Style/ Beauty

People who love their jobs are more prone to burnout, apparently

Burnout doesn’t always happen to people who have fallen out of love with their jobs or aren’t following their passions.

After nearly two decades of long-haul flights, early call times, and 12-hour days on set, hairstylist Nate Rosenkranz was at the end of his rope. He hadn’t fallen out of love with his craft, but he had grown weary of everything that came with it — so much so that he began to question his career path. He was, simply put, burned out.

But for Rosenkranz, burning out didn’t look like it does in the movies: A law student collapses at their desk after a string of late nights or an overworked executive has an office outburst and quits on the spot. Burnout is typically sneakier than that, says psychologist Michael Leiter, PhD, a leading researcher on the topic and coauthor of the forthcoming book The Burnout Challenge: Managing People’s Relationships with Their Jobs.

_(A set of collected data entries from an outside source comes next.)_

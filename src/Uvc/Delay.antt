-- ===== src/Uvc/Delay.antt =====
-- The sequence gaps and the delays that the vb2 records report.
use usbtrace.Common.{ℕ, ◌+◌, ◌%◌, ◌^◌, ◌≤◌, ◌<◌, ◌≡◌, ◌⊎◌, arith, some, ◌||◌, not, ◌==◌}
use usbtrace.Common.Word.{sub_u64}
use usbtrace.Bpf.{KeyMap}
use usbtrace.Uvc.State.{StreamCorr, QState, wire_vb2_max_ns}
use usbtrace.Uvc.Vb2.{World, vb2_seq_gap, wire_to_vb2_ns}

-- Two sequence numbers of 32 bits leave a gap unless the second is the first, or the one after it
-- modulo 2^32.
pub vb2_seq_gap_lem :
    (last cur : ℕ)
    → last < 2 ^ 32
    → vb2_seq_gap last cur ≡ not (cur == last || cur == (last + 1) % 2 ^ 32)
unfolding vb2_seq_gap
vb2_seq_gap_lem last cur h = ground arith

module _ (C : KeyMap StreamCorr) (D : KeyMap ℕ) (Q : KeyMap QState) where
  -- The delay from the wire to a vb2 buffer is reported only for a buffer of the size of the last
  -- wire frame, and is then the time since that frame, of at most 100 ms: no bit of it is lost.
  pub wire_to_vb2_ns_lem :
      (w : World C D Q) (now bytesused : ℕ) (c : StreamCorr)
      → C.lookup w.stream_corr 0 ≡ some c
      → ((wire_to_vb2_ns C D Q w now bytesused ≡ 0)
          ⊎ ((bytesused ≡ c.last_wire_bytes)
              × (wire_to_vb2_ns C D Q w now bytesused ≡ sub_u64 now c.last_wire_done_ns)))
        × (wire_to_vb2_ns C D Q w now bytesused ≤ wire_vb2_max_ns)
  unfolding wire_to_vb2_ns
  wire_to_vb2_ns_lem w now bytesused c l = ground (arith, l)
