-- ===== src/Uvc/Driver.antt =====
-- uvc.bpf.c: the programs on uvcvideo, which count the frames that the driver hands on and drops.
pub mod Drops
mod Tests
use Prim.Native.Nat.{bit_and, bit_or}
use usbtrace.Common.{
  ℕ, zero, suc, ◌+◌, Bool, true, false, Option, none, some, if◌then◌else◌, ◌&&◌, ◌||◌, not, ◌==◌,
}
use usbtrace.Common.Int.{ℤ, pos, ltb_ℤ}
use usbtrace.Common.Word.{u8, u16, leb_ℤ}
use usbtrace.Records.{
  UvcDrvEvent, evt_uvc_drv, size_of_uvc_drv_event, drv_recv, drv_drop, drop_short_bit, drop_iso_bit,
  drop_other_bit,
}
use usbtrace.Bpf.{KernelDev, dev_match, KeyMap}
use usbtrace.Uvc.State.{UvcConfig, IsoDesc, max_isoc_pkts}

-- What the programs read of a `struct uvc_streaming`: `dev` is `none` if the pointer to its device
-- is NULL, and `format_flags` if it has no current format.
pub record UvcStreaming : Type 0 where
  pub dev : Option KernelDev
  pub max_frame_size : ℕ
  pub format_flags : Option ℕ

-- What they read of a `struct uvc_buffer` at its address, 0 for NULL.
pub record UvcBuffer : Type 0 where
  pub address : ℕ
  pub type : ℕ
  pub error : ℕ
  pub bytesused : ℕ

-- What they read of a `struct uvc_video_queue`, with the stream around it; `none` if the kernel has
-- no such field.
pub record UvcQueue : Type 0 where
  pub flags : ℕ
  pub stream : Option UvcStreaming

-- `uvc_buf_is_video`.
unfoldable pub is_video_buffer : UvcBuffer → Bool
is_video_buffer b = not (b.address == 0) && (b.type == 1 || b.type == 9)

-- `uvc_stream_usb`: the ids, and the numbers of bus and device.
unfoldable pub stream_usb : UvcConfig → UvcStreaming → Option ((ℕ × ℕ) × (ℕ × ℕ))
stream_usb cfg s = elim s.dev [
  | none ↦ none
  | some dev ↦ elim (dev_match dev cfg.filter_vid cfg.filter_pid) [
    | none ↦ none
    | some ids ↦ some (ids, (u16 dev.busnum, u16 dev.devnum))
  ]
]

-- The record of `uvc_drv_emit`.
unfoldable pub drv_record : ℕ → ℕ → (ℕ × ℕ) × (ℕ × ℕ) → ℕ → UvcDrvEvent
drv_record op reason ((vid, pid), (bus, devnum)) now = record {
  hdr = record { kind = evt_uvc_drv; size = size_of_uvc_drv_event; ts_ns = now };
  drv_op = op;
  reason = reason;
  vid = vid;
  product = pid;
  busnum = bus;
  devnum = devnum;
}

-- `on_queue_next`; the queue is `none` if its pointer is NULL.
unfoldable pub on_queue_next : UvcConfig → Option UvcQueue → UvcBuffer → ℕ → Option UvcDrvEvent
on_queue_next cfg none b now = none
on_queue_next cfg (some queue) b now = if not (is_video_buffer b) then none else elim queue.stream [
  | none ↦ none
  | some s ↦ elim (stream_usb cfg s) [
    | none ↦ none
    | some usb ↦ some (drv_record drv_recv 0 usb now)
  ]
]

-- What `on_decode_isoc` reads of the URB: a packet descriptor may fail to be read.
pub record IsoUrb : Type 0 where
  pub number_of_packets : ℤ
  pub desc : ℕ → Option IsoDesc

abbrev pub is_lost : Option IsoDesc → Bool
is_lost none = false
is_lost (some d) = ltb_ℤ d.status (pos 0)

-- The loop over the packets, from `i` with so many rounds left: does it see a loss?
unfoldable pub sees_loss : IsoUrb → ℕ → ℕ → Bool
sees_loss urb i zero = false
sees_loss urb i (suc rounds) =
    let rest = sees_loss urb (i + 1) rounds in
    if leb_ℤ urb.number_of_packets (pos i)
    then false
    else if is_lost (urb.desc i)
    then true
    else rest

-- `(qflags & UVC_QUEUE_DROP_CORRUPTED)` and `(fmtflags & UVC_FMT_FLAG_COMPRESSED)`.
abbrev pub drops_corrupted : ℕ → Bool
drops_corrupted flags = not (bit_and flags 2 == 0)

abbrev pub flags_of : Option ℕ → ℕ
flags_of none = 0
flags_of (some flags) = flags

abbrev pub is_compressed : ℕ → Bool
is_compressed flags = not (bit_and flags 1 == 0)

-- The test of a short frame.
unfoldable pub is_short : UvcStreaming → UvcBuffer → Bool
is_short s b =
    not (is_compressed (flags_of s.format_flags))
    && (not (s.max_frame_size == 0) && not (b.bytesused == s.max_frame_size))

-- `reason` of a drop, from the bits gathered before.
unfoldable pub drop_reason : UvcStreaming → UvcBuffer → ℕ → ℕ
drop_reason s b gathered =
    let reason = if is_short s b then bit_or gathered drop_short_bit else gathered in
    if reason == 0 then drop_other_bit else reason

module _ (K : KeyMap ℕ) where
  open K use {Map, lookup, update, delete}

  -- `uvc_drop_cause_add`.
  unfoldable pub drop_cause_add : Map → ℕ → ℕ → Map
  drop_cause_add m key bit = elim (lookup m key) [
    | some cur ↦ update m key (bit_or cur bit)
    | none ↦ update m key bit
  ]

  -- `uvc_drop_cause_take`.
  unfoldable pub drop_cause_take : Map → ℕ → ℕ × Map
  drop_cause_take m key = elim (lookup m key) [ some cur ↦ (cur, delete m key) | none ↦ (0, m) ]

  -- `on_decode_isoc`; the stream and the URB are `none` if their pointers are NULL.
  unfoldable pub on_decode_isoc :
      UvcConfig → Option UvcStreaming → Option IsoUrb → UvcBuffer → Map → Map
  on_decode_isoc cfg none urb b m = m
  on_decode_isoc cfg (some s) none b m = m
  on_decode_isoc cfg (some s) (some urb) b m =
      if not (is_video_buffer b) then m else elim (stream_usb cfg s) [
        | none ↦ m
        | some usb ↦
            if sees_loss urb 0 max_isoc_pkts then drop_cause_add m b.address drop_iso_bit else m
      ]

  -- `on_queue_complete` from the test of the flags on, with the bits gathered before.
  unfoldable pub report_drop :
      UvcQueue → UvcStreaming → UvcBuffer → (ℕ × ℕ) × (ℕ × ℕ) → ℕ → ℕ → Option UvcDrvEvent
  report_drop queue s b usb gathered now =
      if not (drops_corrupted queue.flags) || u8 b.error == 0
      then none
      else some (drv_record drv_drop (drop_reason s b gathered) usb now)

  -- `on_queue_complete`; the queue is `none` if its pointer is NULL.
  unfoldable pub on_queue_complete :
      UvcConfig → Option UvcQueue → UvcBuffer → ℕ → Map → Map × Option UvcDrvEvent
  on_queue_complete cfg none b now m = ((drop_cause_take m b.address).1, none)
  on_queue_complete cfg (some queue) b now m =
      let (gathered, m') = drop_cause_take m b.address in
      if not (is_video_buffer b) then (m', none) else elim queue.stream [
        | none ↦ (m, none)
        | some s ↦ elim (stream_usb cfg s) [
          | none ↦ (m', none)
          | some usb ↦ (m', report_drop queue s b usb gathered now)
        ]
      ]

“Burnout is a slow wearing-down,” says Dr. Leiter. Despite popular belief, the word “burnout” is not strictly interchangeable with exhaustion. “It’s more complicated than that,” he says. The concept of burnout is so complicated, in fact, that it took the World Health Organization (WHO) until 2019 to officially define it as a syndrome.

That timing, by the way, strengthens the evidence that shows while the events of 2020 made burnout an even buzzier buzzword, “we were already in a burnout pandemic before [that],” says Kira Schabram, PhD, an assistant professor of management at the University of Washington. It’s true: According to a Gallup study conducted in 2019, 76 percent of full-time employees reported feeling burned out at work at least “sometimes.” (About 28 percent of those respondents said they felt burned out “very often” or “always.”)

How to Tell If You’re Burnt Out

The classification eventually released by the WHO solidifies that burnout is an “occupational phenomenon” resulting from “chronic workplace stress that has not been successfully managed.” Though burnout makes people vulnerable to illnesses like depression, it is not a disease in and of itself, says Dr. Leiter, whose research mirrors the definition. Burnout can be characterised more specifically by three symptoms: exhaustion, cynicism, and lack of efficacy.

Those with burnout tend to have a combination of all three symptoms, but depending on the nature of your work and your point of view, you might experience one more than another. For example, a nurse might not be as likely to lose sight of the meaning of their work, but could easily fall victim to exhaustion — which Lotte Dyrbye, MD, senior associate dean of faculty and chief well-being officer at the University of Colorado School of Medicine, describes not as tiredness, but as “having nothing left to give… You’re emotionally empty.”

Of course, the source of exhaustion for those in professions like health care can’t begin to compare with that of those in creative fields. But for creatives, the same feelings of emptiness can manifest as a loss of the flashes of inspiration that allow them to capture powerful images or compose catchy rhythms that enhance our world. “When we talk about creative professions, what we’re talking about is work that is useful but unusual,” says Dr. Schabram. “My argument would be that burnout doesn’t affect that useful part. Often, people are really vested in still doing good work. It’s the ‘unusual’ that can be really difficult, especially if you are feeling exhausted.”